Background: Patient participation is central to modern healthcare, known to enhance both physical health and well-being. However, the way in which a person prefers to engage can vary depending on their condition, knowledge, and healthcare context. Person-centred care considers a person’s needs and preferences, thereby facilitating preference-based patient participation. Managing a long-term disease, such as chronic kidney disease (CKD), often necessitates regular contact with healthcare and engagement in symptom management in day-to-day life. What facilitates person-centred patient participation in kidney care is unknown, but a further understanding of patient participation when living with CKD is needed. The overall aim of this thesis was to investigate patient participation in kidney care and assess variations in levels of preferencebased patient participation over time.

Method: This thesis comprises four studies and is part of a research intervention project on participation in kidney clinics in south-eastern Sweden. Data collection commenced in 2018 and was concluded in 2022. Study I was of a qualitative design, with group discussions of patients and professionals (n=42) in dialysis care. Studies II and III employed the 4Ps tool, a validated questionnaire on patient participation completed by patients with CKD stage 4 or 5 (n=358). Study II adopted a cross-sectional design and Study III employed a quasi-experimental design to examine changes in participation over time and the effects of two interventions directed at managers and some healthcare professionals. In Study III, data from before and after the interventions were compared. Study IV employed a mixed-methods design, encompassing qualitative and quantitative data. It entailed repeated individual interviews (n=19 patients, 17 professionals) and data from a systematic review of patient records (n=240). The qualitative data from Studies I and IV were addressed using content analysis, while the quantitative data from Studies II, III, and IV were subjected to statistical tests using IBM Statistical Package for Social Sciences (SPSS) and Stan software.

Results: Both individuals living with CKD and healthcare professionals recognised the importance of patient participation in kidney care. Patient participation in CKD stage 4 and 5 involved understanding the disease and its management, as well as mutual exchange of knowledge. However, there was not always a shared understanding between patients and professionals as to what patient participation entails. While patients described comprehending their condition and being involved in mutual communication and treatment planning, professionals primarily emphasised treatment management as the key aspect. Moreover, the patient records predominantly documented the professionals' actions for and with their patients. The findings also showed that although most patients had good matches between their preferences and experiences, suggesting sufficient levels of preference-based participation, some patients had insufficient preference-based participation, indicated they had experienced either more or less conditions for participation than their preferences.

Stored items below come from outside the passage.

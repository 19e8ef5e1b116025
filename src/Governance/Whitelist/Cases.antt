-- ===== src/Governance/Whitelist/Cases.antt =====
-- The switches of x/governance/keeper/parameter_applier.go on the names of parameters.
use volnix_protocol.Base.{
  Option-cases, ◌||◌, Bool, true, false, List, [], ◌∷◌, ◌≡◌, ◌≢◌, refl, arith, err, Text, text_eq,
  codes, ◌==◌, text_is_eq, inl, inr, if◌then◌else◌,
}
use volnix_protocol.Host.{Host}
use volnix_protocol.Lizenz
use volnix_protocol.Anteil
use volnix_protocol.Consensus
use volnix_protocol.Governance.Types.{ParameterChange, Params, unknown_parameter, unknown_module}
use volnix_protocol.Governance.Governable.{
  GovernableParameter, governable_parameters, is_governable, lizenz_name, anteil_name,
  consensus_name, governance_name,
}
use volnix_protocol.Governance.Applier.{
  updated_lizenz, updated_anteil, updated_consensus, updated_governance, check_unit_interval,
  apply_anteil_parameter_change, apply_consensus_parameter_change, apply_parameter_change,
  apply_lizenz_parameter_change, apply_governance_parameter_change, stored_anteil,
  stored_governance, stored_lizenz,
}
use mathlib.Core.Bool.{false≢true}
use volnix_protocol.Governance.Switch.{by_module}
use volnix_protocol.Governance.Whitelist.{every, listed_entry, governable-eq-listed}
use volnix_protocol.Governance.Keeper.{State}

-- A test of the key against each name, as a switch makes it.
one_of : List Text → Text → Bool
one_of [] key = false
one_of (k ∷ ks) key = key == k || one_of ks key

lizenz_names : List Text
lizenz_names =
    codes "activity_coefficient"
    ∷ codes "min_lzn_amount"
    ∷ codes "max_lzn_amount"
    ∷ codes "inactivity_period"
    ∷ codes "deactivation_period"
    ∷ []

anteil_names : List Text
anteil_names =
    codes "min_ant_amount"
    ∷ codes "max_ant_amount"
    ∷ codes "trading_fee_rate"
    ∷ codes "max_open_orders"
    ∷ []

consensus_names : List Text
consensus_names =
    codes "base_block_time" ∷ codes "high_activity_threshold" ∷ codes "low_activity_threshold" ∷ []

governance_names : List Text
governance_names =
    codes "voting_period"
    ∷ codes "timelock_period"
    ∷ codes "min_deposit"
    ∷ codes "quorum"
    ∷ codes "threshold"
    ∷ []

-- The cases of the switches of the applier.
has_case : Text → Text → Bool
has_case m p =
    if m == lizenz_name
    then one_of lizenz_names p
    else if m == anteil_name
    then one_of anteil_names p
    else if m == consensus_name
    then one_of consensus_names p
    else if m == governance_name
    then one_of governance_names p
    else false

entry_has_case : GovernableParameter → Bool
entry_has_case g = has_case g.module_name g.parameter

all_have_cases : every entry_has_case governable_parameters ≡ true
unfolding every entry_has_case has_case one_of text_eq lizenz_names anteil_names consensus_names
    governance_names
all_have_cases = refl

governable-has_case : (m p : Text) → is_governable m p ≡ true → has_case m p ≡ true
unfolding entry_has_case
governable-has_case m p g =
    let (e, _, at_module, at_parameter, passes) =
      listed_entry entry_has_case governable_parameters m p all_have_cases
        (cc (g, governable-eq-listed m p)) in
    rw (← at_module, ← at_parameter) passes

module _ (h : Host) (c : ParameterChange) where
  lizenz_case :
      (p : Lizenz.Params.Params)
      → one_of lizenz_names c.parameter ≡ true
      → updated_lizenz h c p ≢ err unknown_parameter
  unfolding updated_lizenz one_of lizenz_names
  lizenz_case p known r = ground (arith)

  anteil_case :
      (p : Anteil.Params.Params)
      → one_of anteil_names c.parameter ≡ true
      → updated_anteil h c p ≢ err unknown_parameter
  unfolding updated_anteil one_of anteil_names
  anteil_case p known r = ground (arith)

  consensus_case :
      (p : Consensus.Params.Params)
      → one_of consensus_names c.parameter ≡ true
      → updated_consensus h c p ≢ err unknown_parameter
  unfolding updated_consensus one_of consensus_names
  consensus_case p known r = ground arith

  governance_case :
      (p : Params)
      → one_of governance_names c.parameter ≡ true
      → updated_governance h c p ≢ err unknown_parameter
  unfolding updated_governance one_of governance_names check_unit_interval
  governance_case p known r = ground arith

  refused_lizenz :
      (s : State)
      → one_of lizenz_names c.parameter ≡ true
      → (apply_lizenz_parameter_change h c s).0 ≢ err unknown_parameter
  unfolding apply_lizenz_parameter_change stored_lizenz
  refused_lizenz s known r = elim (Option-cases s.lizenz) [
    | inl unset ↦ ground arith
    | inr (old, set) ↦ ground (arith, lizenz_case old known)
  ]

  refused_anteil :
      (s : State)
      → one_of anteil_names c.parameter ≡ true
      → (apply_anteil_parameter_change h c s).0 ≢ err unknown_parameter
  unfolding apply_anteil_parameter_change stored_anteil
  refused_anteil s known r = elim (Option-cases s.anteil) [
    | inl unset ↦ ground arith
    | inr (old, set) ↦ ground (arith, anteil_case old known)
  ]

  refused_consensus :
      (s : State)
      → one_of consensus_names c.parameter ≡ true
      → (apply_consensus_parameter_change h c s).0 ≢ err unknown_parameter
  unfolding apply_consensus_parameter_change
  refused_consensus s known r = elim (Option-cases s.consensus) [
    | inl unset ↦ ground arith
    | inr (old, set) ↦ ground (arith, consensus_case old known)
  ]

  refused_governance :
      (s : State)
      → one_of governance_names c.parameter ≡ true
      → (apply_governance_parameter_change h c s).0 ≢ err unknown_parameter
  unfolding apply_governance_parameter_change stored_governance
  refused_governance s known r = ground (arith, governance_case s.params known)

  lizenz_module : (s : State) → (apply_lizenz_parameter_change h c s).0 ≢ err unknown_module
  unfolding apply_lizenz_parameter_change stored_lizenz updated_lizenz
  lizenz_module s r = ground arith

  anteil_module : (s : State) → (apply_anteil_parameter_change h c s).0 ≢ err unknown_module
  unfolding apply_anteil_parameter_change stored_anteil updated_anteil
  anteil_module s r = ground arith

  consensus_module : (s : State) → (apply_consensus_parameter_change h c s).0 ≢ err unknown_module
  unfolding apply_consensus_parameter_change updated_consensus
  consensus_module s r = ground arith

  governance_module : (s : State) → (apply_governance_parameter_change h c s).0 ≢ err unknown_module
  unfolding apply_governance_parameter_change stored_governance updated_governance
      check_unit_interval
  governance_module s r = ground arith

  module _ (known : has_case c.module_name c.parameter ≡ true) where
    in_lizenz : c.module_name ≡ lizenz_name → one_of lizenz_names c.parameter ≡ true
    unfolding has_case text_eq
    in_lizenz e = rw e at known

    in_anteil : c.module_name ≡ anteil_name → one_of anteil_names c.parameter ≡ true
    unfolding has_case text_eq
    in_anteil e = rw e at known

    in_consensus : c.module_name ≡ consensus_name → one_of consensus_names c.parameter ≡ true
    unfolding has_case text_eq
    in_consensus e = rw e at known

    in_governance : c.module_name ≡ governance_name → one_of governance_names c.parameter ≡ true
    unfolding has_case text_eq
    in_governance e = rw e at known

    in_none :
        (c.module_name == lizenz_name) ≡ false
        → (c.module_name == anteil_name) ≡ false
        → (c.module_name == consensus_name) ≡ false
        → (c.module_name == governance_name) ≡ false
        → ⊥
    unfolding has_case
    in_none a b d f = false≢true (rw (a, b, d, f) at known)

  -- A change of a governable parameter is never refused as of an unknown parameter or an unknown
  -- module: every governable parameter has its case in the applier.
  pub governable_change_is_known :
      (s : State)
      → is_governable c.module_name c.parameter ≡ true
      → ((apply_parameter_change h c s).0 ≢ err unknown_parameter)
        × ((apply_parameter_change h c s).0 ≢ err unknown_module)
  governable_change_is_known s g =
      let known = governable-has_case c.module_name c.parameter g in
      by_module (λ r. (r.0 ≢ err unknown_parameter) × (r.0 ≢ err unknown_module)) h c s g
        (λ e. (refused_lizenz s (in_lizenz known e), lizenz_module s))
        (λ e. (refused_anteil s (in_anteil known e), anteil_module s))
        (λ e. (refused_consensus s (in_consensus known e), consensus_module s))
        (λ e. (refused_governance s (in_governance known e), governance_module s))
        (λ a b d f. absurd (in_none known a b d f))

The staff-directed interventions in the research project did not appear to improve preference-based participation.

Conclusion: Living with CKD stage 4 or 5 requires patient engagement and participation, meaning that patients understand how to manage their illness in their day-to-day lives. The studies suggest that further efforts are required in the management of kidney failure to enable more patients to engage in person-centred participation. One potential key to achieving mutual understanding between patients and professionals is dialogue. The tool utilised in these studies may prove useful in facilitating such conversations: the 4Ps is a tool that can be used to identify preferences for and experiences of patient participation. As such, it can be employed to measure preference-based patient participation in clinical settings and research. However, the findings of this thesis indicate that additional efforts are necessary for its implementation and to promote person-centred participation. Therefore, further research is needed, as are strategies healthcare professionals can employ to better recognise and respond to patients' resources and needs.